Operational Excellence

• Develop and manage CRA resource plans to meet project timelines and budgets
• Collaborate with cross-functional teams (e.g., Clinical Operations, Data Management, Safety, etc.) to ensure seamless trial execution
• Identify and mitigate risks impacting study deliver

Metrics & Reporting

• Track and report CRA performance metrics and study progress to senior leadership
• Provide input into departmental strategy and process improvements

Compliance & Quality Assurance

• Ensure adherence to GCP, ICH guidelines, and applicable regulatory requirements
• Implement quality control measures to maintain data integrity and patient safety
• Support audit and inspection readiness across all assigned studies
• Comply with applicable Laws and Regulations, adhere to Quality Management System processes and requirements as well as demonstrate Ethics and Integrity in all matters and at all levels throughout the organization
• Perform additional duties as assigned

Job Details Job ID 13377BR Aliso Viejo, California, USA Salary Range: $147,532 - $193,635 Financial compensation packages may be higher/lower than what is listed, and will ultimately depend on factors including relevant experience, internal equity, skillset, knowledge, geography, education, business needs and market demand

• Qualifications
• Bachelor’s degree in Life Sciences or related field
• Minimum of eight (8) years of direct clinical research experience, including a minimum of four (4) years of experience supporting neurovascular clinical trials in the medical device industry
• Minimum two (2) years of personnel management experience in the medical device industry
• Demonstrated ability to lead teams in a matrix environment
• In-depth understanding of clinical study management, terminology, and related GCP and regulatory requirements
• Proven experience with audits and regulatory inspections
• Proficiency with basic study design and logistical elements such as protocol development, site selection, budget development, IRB submission preparation, training, database/CRF development, contracts, informed consent, randomization, monitoring, statistical plans, and the tracking of study metrics
• Strong verbal and written communication skills
• Proficiency in the use of MS Office products including Word, Excel, PowerPoint, Outlook, Teams, etc.
• Proficiency in various clinical research eSystems including Meritive, Veeva, iMedNet, and others

Desired Qualifications

• Master’s degree in Business or Life Sciences, or equivalent combination of education, training, and experience
• Experience in implementing clinical trials and interpreting trial results, including an understanding of data and data analysis
• Minimum five (5) years of monitoring experience, preferably in the medical device industry
• IDE clinical experience strongly preferred, including experience in conducting global studies
• An understanding of worldwide regulations governing the conduct of clinical studies
• Ability to handle multiple tasks efficiently and consistently, meeting deadlines
• Detail-oriented
• Ability to maintain strict confidentiality

EEO We are an equal employment opportunity employer.

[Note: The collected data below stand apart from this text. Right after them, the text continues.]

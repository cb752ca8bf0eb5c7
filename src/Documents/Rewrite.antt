-- ===== src/Documents/Rewrite.antt =====
-- What `update` leaves when its updater puts a new array under one property, as those of tags and
-- correspondents do.
use papercrate.Base.{
  ℕ, ◌≡◌, refl, sym, ◌∙◌, Bool, Bool-cases, String, true, false, [], ◌∷◌, Option, none, some,
  if◌then◌else◌, arith, inl, inr, ◌⊎◌, ◌==◌, eq_refl, eq_iff,
}
use papercrate.Dict.{Dict, lookup}
use papercrate.Js.{
  Value, Items, Fields, array, end, get, has_own, spread, identifier, elements, starts_with_object,
  object_is, is_array,
}
use papercrate.Js.Laws.{
  IsObject, copy-get, get-spread_same, get-assign, has_own-assign, assign-IsObject, spread-IsObject,
}
use papercrate.Catalog.{Catalog}
use papercrate.Documents.{
  DocumentsManager, Progress, extract, upsert, merge, ingest_one, ingest_all, ingest, present,
  start, update,
}
use papercrate.Documents.Mutations.{with_items}
use mathlib.Core.Path.{subst}
use papercrate.Documents.Identity.{
  IsPlain, array_has_own, upsert-lookup, upsert_kept, upsert-Merged, merge-get,
}
use papercrate.Documents.Ingest.{IsStored, taken, ingest-by_id}

-- No array that is there has the identity of one that is made now.
abbrev pub IsNew : ℕ → Value → Type 0
IsNew ref v = (xs : Items) → object_is v (array ref xs) ≡ false

extract_plain :
    (key : String) (c : Option Catalog) (doc : Fields) (ref : ℕ)
    → IsPlain key doc
    → (extract key c doc ref).doc ≡ doc
unfolding extract
extract_plain key none doc ref h = refl
extract_plain key (some c) doc ref h = ground arith

taken-IsPlain :
    (p : Progress) (doc : Fields)
    → IsPlain "tags" doc
    → IsPlain "correspondents" doc
    → taken p doc ≡ doc
taken-IsPlain p doc t c =
    extract_plain "correspondents" p.correspondents _ _
      (rw (extract_plain "tags" p.tags doc p.next_ref t) c)
    ∙ extract_plain "tags" p.tags doc p.next_ref t

-- `ingest` of one document that holds plain identifiers.
ingest-lookup_one :
    (m : DocumentsManager) (id k : String) (doc : Fields)
    → identifier (get "id" doc) ≡ some id
    → IsPlain "tags" doc
    → IsPlain "correspondents" doc
    → lookup k (ingest m (some doc ∷ [])).0.by_id
      ≡ (if id == k then some (upsert id doc (m.by_id, false)).2 else lookup k m.by_id)
unfolding ingest_all present ingest_one
ingest-lookup_one m id k doc keyed t c =
    rw (ingest-by_id m (some doc ∷ []), keyed, ingest_one)
      (rw (taken-IsPlain (start m) doc t c) (upsert-lookup id k doc (m.by_id, false)))

-- A changed copy `{ ...doc, [key]: next }`, spread over a copy of the document.
abbrev revised : String → ℕ → Items → Fields → Fields
revised key ref next doc = spread (spread end doc) (with_items key ref next doc)

module _ (key : String) (ref : ℕ) (next : Items) (doc : Fields) (o : IsObject doc) where
  with_items-get :
      (j : String)
      → get j (with_items key ref next doc) ≡ (if key == j then array ref next else get j doc)
  with_items-get j = rw (get-assign, copy-get j doc o) refl

  with_items-IsObject : IsObject (with_items key ref next doc)
  with_items-IsObject =
      assign-IsObject key (array ref next) (spread end doc) (spread-IsObject end doc tt)

  revised-get :
      (j : String)
      → get j (revised key ref next doc) ≡ (if key == j then array ref next else get j doc)
  revised-get j =
      get-spread_same j (spread end doc) (with_items key ref next doc) with_items-IsObject (λ n.
        ground (
          arith,
          eq_refl key,
          eq_iff key j,
          has_own-assign key j (array ref next) (spread end doc),
          get-assign key j (array ref next) (spread end doc),
        ))
      ∙ with_items-get j

  revised-own : has_own key (revised key ref next doc) ≡ true
  revised-own =
      array_has_own key (revised key ref next doc)
        (unfold is_array in rw (revised-get key, eq_refl))

  revised-IsObject : IsObject (revised key ref next doc)
  revised-IsObject = spread-IsObject (spread end doc) _ (spread-IsObject end doc tt)

  -- Spread over the document itself it still reads as the changed copy.
  merge-revised-get :
      (j : String)
      → get j (merge (some doc) (revised key ref next doc))
        ≡ (if key == j then array ref next else get j doc)
  unfolding merge
  merge-revised-get j =
      get-spread_same j doc (revised key ref next doc) revised-IsObject (λ n.
        elim (Bool-cases (key == j)) [
          | inl same ↦
              let here : has_own j (revised key ref next doc) ≡ true =
                subst (λ x. has_own x (revised key ref next doc) ≡ true) ((eq_iff key j).0 same)
                  revised-own in
              cc
          | inr other ↦ sym (revised-get j ∙ rw other)
        ])
      ∙ revised-get j

-- One document is another now, and the rest of the map is as it was.
pub record Rewritten (id : String) (before after : Dict Fields) (kept : Fields) : Type 0 where
  pub here : lookup id after ≡ some kept
  pub elsewhere : (k : String) → (id == k) ≡ false → lookup k after ≡ lookup k before

-- A property has a new array, and the others read as before.
pub record HasItems (key : String) (next : Items) (doc kept : Fields) : Type 0 where
  pub at_key : elements (get key kept) ≡ next
  pub others : (j : String) → (key == j) ≡ false → get j kept ≡ get j doc

abbrev IsTracked : String → Type 0
IsTracked key = (key ≡ "tags") ⊎ (key ≡ "correspondents")

choice_plain :
    (b : Bool) (ref : ℕ) (next : Items) (v : Value)
    → starts_with_object next ≡ false
    → starts_with_object (elements v) ≡ false
    → starts_with_object (elements (if b then array ref next else v)) ≡ false
unfolding elements
choice_plain true ref next v h k = h
choice_plain false ref next v h k = k

if_same {ℓ} : {A : Type ℓ} (b : Bool) {x y z : A} → x ≡ z → y ≡ z → (if b then x else y) ≡ z
if_same true p q = p
if_same false p q = q

tracked-ne-id : (key : String) → IsTracked key → (key == "id") ≡ false
tracked-ne-id key (inl e) = rw e
tracked-ne-id key (inr e) = rw e

module _ (m : DocumentsManager) (id : String) (doc : Fields) (key : String) (next : Items)
    (found : lookup id m.by_id ≡ some doc) (s : IsStored id doc) where
  update-ingest :
      (updater : Fields → Option Fields) (changes : Fields)
      → updater doc ≡ some changes
      → (update id updater m).0 ≡ (ingest m (some (spread (spread end doc) changes) ∷ [])).0
  unfolding update
  update-ingest updater changes e = rw (found, update) (rw e)

  -- `update` comes to `ingest` of the changed copy.
  update-Rewritten :
      (updater : Fields → Option Fields) (changes : Fields)
      → updater doc ≡ some changes
      → identifier (get "id" (spread (spread end doc) changes)) ≡ some id
      → IsPlain "tags" (spread (spread end doc) changes)
      → IsPlain "correspondents" (spread (spread end doc) changes)
      → Rewritten id m.by_id
          (update id updater m).0.by_id
          (upsert id (spread (spread end doc) changes) (m.by_id, false)).2
  update-Rewritten updater changes e keyed t c =
      let at =
        λ (k : String). ingest-lookup_one m id k (spread (spread end doc) changes) keyed t c in
      rw (update-ingest updater changes e)
        (record { here = at id ∙ rw eq_refl; elsewhere = λ k other. at k ∙ rw other })

  abbrev result : ℕ → Fields
  result ref = (upsert id (revised key ref next doc) (m.by_id, false)).2

  -- The new array is kept: an existing document with another array is not taken for the same.
  revised_kept :
      (ref : ℕ) → IsNew ref (get key doc) → result ref ≡ merge (some doc) (revised key ref next doc)
  revised_kept ref fresh = elim (upsert_kept id (revised key ref next doc) (m.by_id, false)) [
    | inl old ↦
        let same : result ref ≡ doc = cc in
        let alike =
          (upsert-Merged id (revised key ref next doc) (m.by_id, false)
              (revised-IsObject key ref next doc s.is_object)).given
            key (revised-own key ref next doc s.is_object) in
        let now : object_is (get key doc) (array ref next) ≡ true =
          rw (same, revised-get key ref next doc s.is_object key, eq_refl) at alike in
        absurd (cc (fresh next))
    | inr merged ↦ rw (← found) merged
  ]

  revised-HasItems : (ref : ℕ) → IsNew ref (get key doc) → HasItems key next doc (result ref)
  revised-HasItems ref fresh = rw (revised_kept ref fresh) (record {
    at_key =
        rw (merge-revised-get key ref next doc s.is_object key, eq_refl) (unfold elements in refl);
    others = λ j other. rw (merge-revised-get key ref next doc s.is_object j, other) refl;
  })

  -- An updater that gives the copy with the new array.
  pub update_items :
      (updater : Fields → Option Fields) (ref : ℕ)
      → IsTracked key
      → updater doc ≡ some (with_items key ref next doc)
      → starts_with_object next ≡ false
      → IsNew ref (get key doc)
      → (kept : Fields) × Rewritten id m.by_id (update id updater m).0.by_id kept
        × HasItems key next doc kept
  update_items updater ref tracked e plain fresh = (
    result ref,
    update-Rewritten updater (with_items key ref next doc) e
        (rw (revised-get key ref next doc s.is_object "id", tracked-ne-id key tracked) s.keyed)
        (revised_plain "tags" s.tags) (revised_plain "correspondents" s.correspondents),
    revised-HasItems ref fresh,
  )
    where
      revised_plain : (j : String) → IsPlain j doc → IsPlain j (revised key ref next doc)
      revised_plain j h =
          rw (revised-get key ref next doc s.is_object j)
            (choice_plain (key == j) ref next (get j doc) plain h)

  -- An updater that gives the document itself leaves it as it reads.
  pub update_same :
      (updater : Fields → Option Fields)
      → updater doc ≡ some doc
      → (kept : Fields) × Rewritten id m.by_id (update id updater m).0.by_id kept
        × ((j : String) → get j kept ≡ get j doc)
  update_same updater e = (
    (upsert id copy (m.by_id, false)).2,
    update-Rewritten updater doc e (rw (copied "id") s.keyed) (rw (copied "tags") s.tags)
        (rw (copied "correspondents") s.correspondents),
    λ j. elim (upsert_kept id copy (m.by_id, false)) [
      | inl old ↦ let same : (upsert id copy (m.by_id, false)).2 ≡ doc = cc in rw same
      | inr merged ↦
          rw (merged, found)
            (merge-get j (some doc) copy
                (spread-IsObject (spread end doc) doc (spread-IsObject end doc tt))
              ∙ if_same (has_own j copy) (copied j) refl)
    ],
  )
    where
      copy : Fields
      copy = spread (spread end doc) doc

      copied : (j : String) → get j copy ≡ get j doc
      copied j =
          get-spread_same j (spread end doc) doc s.is_object (λ n. copy-get j doc s.is_object)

All qualified applicants will receive consideration for employment without regard to race, national origin, gender, age, religion, disability, sexual orientation, veteran status, marital status or any other characteristics protected by law. Fair Chance Ordinance If you are applying to perform work for Terumo Neuro in any position which will involve performing at least two (2) hours of work on average each week within the unincorporated areas of Los Angeles County, you can find here a list of all material job duties of the specific job position which Terumo Neuro reasonably believes that criminal history may have a direct, adverse and negative relationship potentially resulting in the withdrawal of a conditional offer of employment. Terumo Neuro will consider for employment qualified job applicants with arrest or conviction records in accordance with the California Fair Chance Act, Los Angeles County Fair Chance Ordinance for Employers, Fair Chance Initiative for Hiring Ordinance, and San Francisco Fair Chance Ordinance.